WORK TASK: Return all lines of the records that contain the word "through".

TASK INPUTS:

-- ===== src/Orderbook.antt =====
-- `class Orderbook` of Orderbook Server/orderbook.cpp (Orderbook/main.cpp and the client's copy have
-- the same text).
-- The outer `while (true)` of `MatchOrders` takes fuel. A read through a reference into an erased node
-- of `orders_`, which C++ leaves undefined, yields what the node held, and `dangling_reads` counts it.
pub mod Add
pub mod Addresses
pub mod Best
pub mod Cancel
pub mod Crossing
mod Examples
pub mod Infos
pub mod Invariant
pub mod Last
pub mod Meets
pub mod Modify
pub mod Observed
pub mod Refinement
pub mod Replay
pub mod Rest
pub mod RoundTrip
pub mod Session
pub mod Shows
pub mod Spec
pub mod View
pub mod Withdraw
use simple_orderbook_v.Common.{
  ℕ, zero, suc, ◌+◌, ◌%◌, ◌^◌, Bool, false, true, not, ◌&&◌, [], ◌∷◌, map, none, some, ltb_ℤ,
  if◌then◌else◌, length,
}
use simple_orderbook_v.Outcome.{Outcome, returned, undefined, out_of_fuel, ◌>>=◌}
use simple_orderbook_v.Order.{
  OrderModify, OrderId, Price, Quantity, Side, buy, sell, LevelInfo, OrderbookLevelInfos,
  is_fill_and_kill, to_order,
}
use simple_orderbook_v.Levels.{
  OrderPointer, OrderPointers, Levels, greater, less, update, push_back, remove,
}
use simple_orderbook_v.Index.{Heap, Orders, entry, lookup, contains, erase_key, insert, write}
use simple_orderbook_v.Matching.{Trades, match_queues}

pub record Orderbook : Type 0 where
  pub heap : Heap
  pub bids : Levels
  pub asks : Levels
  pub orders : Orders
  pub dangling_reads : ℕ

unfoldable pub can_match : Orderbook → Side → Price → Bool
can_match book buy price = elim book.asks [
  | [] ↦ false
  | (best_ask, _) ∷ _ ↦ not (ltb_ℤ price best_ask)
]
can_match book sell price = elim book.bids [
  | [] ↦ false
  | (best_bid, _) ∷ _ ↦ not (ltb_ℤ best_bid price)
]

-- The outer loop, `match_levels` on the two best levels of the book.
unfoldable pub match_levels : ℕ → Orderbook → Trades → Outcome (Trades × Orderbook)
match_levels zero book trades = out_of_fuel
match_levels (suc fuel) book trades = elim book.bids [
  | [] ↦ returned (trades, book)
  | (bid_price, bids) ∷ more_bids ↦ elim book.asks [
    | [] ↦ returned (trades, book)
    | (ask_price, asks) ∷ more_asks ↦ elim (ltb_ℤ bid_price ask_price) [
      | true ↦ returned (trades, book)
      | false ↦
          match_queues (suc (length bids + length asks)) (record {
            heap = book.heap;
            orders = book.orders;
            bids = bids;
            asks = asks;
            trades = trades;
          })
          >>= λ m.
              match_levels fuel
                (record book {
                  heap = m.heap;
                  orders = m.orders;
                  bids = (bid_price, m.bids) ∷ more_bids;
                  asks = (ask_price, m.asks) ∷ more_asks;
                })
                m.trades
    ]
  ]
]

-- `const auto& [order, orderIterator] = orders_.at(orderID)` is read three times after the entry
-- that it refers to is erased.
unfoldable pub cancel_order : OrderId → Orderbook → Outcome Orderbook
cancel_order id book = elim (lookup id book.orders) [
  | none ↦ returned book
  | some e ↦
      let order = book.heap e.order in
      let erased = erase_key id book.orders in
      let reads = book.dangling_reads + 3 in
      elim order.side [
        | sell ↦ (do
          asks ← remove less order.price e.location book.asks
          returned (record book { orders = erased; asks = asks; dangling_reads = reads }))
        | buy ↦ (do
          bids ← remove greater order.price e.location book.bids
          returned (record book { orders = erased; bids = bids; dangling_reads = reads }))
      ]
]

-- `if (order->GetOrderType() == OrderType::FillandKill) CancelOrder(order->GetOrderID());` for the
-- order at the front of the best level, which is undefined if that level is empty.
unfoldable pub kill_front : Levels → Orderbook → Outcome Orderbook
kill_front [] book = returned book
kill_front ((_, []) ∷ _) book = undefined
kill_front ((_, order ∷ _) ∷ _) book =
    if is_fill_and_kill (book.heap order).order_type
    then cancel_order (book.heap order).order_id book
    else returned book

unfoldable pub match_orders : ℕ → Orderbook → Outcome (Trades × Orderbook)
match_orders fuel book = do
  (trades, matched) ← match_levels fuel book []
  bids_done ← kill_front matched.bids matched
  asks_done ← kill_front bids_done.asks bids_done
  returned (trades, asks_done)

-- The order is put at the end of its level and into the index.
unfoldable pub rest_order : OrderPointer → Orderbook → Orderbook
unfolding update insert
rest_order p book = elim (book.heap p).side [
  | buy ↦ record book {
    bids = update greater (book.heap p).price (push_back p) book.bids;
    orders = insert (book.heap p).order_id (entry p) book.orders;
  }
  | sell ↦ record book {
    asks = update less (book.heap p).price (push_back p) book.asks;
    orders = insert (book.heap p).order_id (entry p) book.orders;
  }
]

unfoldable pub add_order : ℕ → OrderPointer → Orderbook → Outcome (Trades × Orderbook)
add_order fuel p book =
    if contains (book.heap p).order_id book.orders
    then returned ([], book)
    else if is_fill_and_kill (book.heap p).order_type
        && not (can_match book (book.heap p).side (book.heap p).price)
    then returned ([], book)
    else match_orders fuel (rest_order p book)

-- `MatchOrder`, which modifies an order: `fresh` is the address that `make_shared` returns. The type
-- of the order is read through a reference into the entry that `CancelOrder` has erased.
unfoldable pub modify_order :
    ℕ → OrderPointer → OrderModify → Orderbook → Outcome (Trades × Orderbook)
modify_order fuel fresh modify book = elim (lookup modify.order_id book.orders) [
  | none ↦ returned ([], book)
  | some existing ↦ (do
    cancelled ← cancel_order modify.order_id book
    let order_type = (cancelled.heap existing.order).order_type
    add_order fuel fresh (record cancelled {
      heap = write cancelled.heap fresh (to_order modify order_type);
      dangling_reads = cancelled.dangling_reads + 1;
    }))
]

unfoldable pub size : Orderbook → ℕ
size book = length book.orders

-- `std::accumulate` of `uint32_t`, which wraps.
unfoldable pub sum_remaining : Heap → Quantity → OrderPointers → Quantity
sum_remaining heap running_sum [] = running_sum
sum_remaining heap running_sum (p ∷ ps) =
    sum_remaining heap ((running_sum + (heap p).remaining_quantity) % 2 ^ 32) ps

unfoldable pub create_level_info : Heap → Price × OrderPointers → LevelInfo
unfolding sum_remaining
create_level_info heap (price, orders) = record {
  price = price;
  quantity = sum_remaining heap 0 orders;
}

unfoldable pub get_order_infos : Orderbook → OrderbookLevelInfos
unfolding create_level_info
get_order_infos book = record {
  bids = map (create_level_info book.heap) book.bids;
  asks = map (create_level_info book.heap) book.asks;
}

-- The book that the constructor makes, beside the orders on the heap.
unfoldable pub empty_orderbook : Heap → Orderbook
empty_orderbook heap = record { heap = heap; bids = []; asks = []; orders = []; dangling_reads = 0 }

TASK SOLUTION:
-- The outer `while (true)` of `MatchOrders` takes fuel. A read through a reference into an erased node
-- of the order is read through a reference into the entry that `CancelOrder` has erased.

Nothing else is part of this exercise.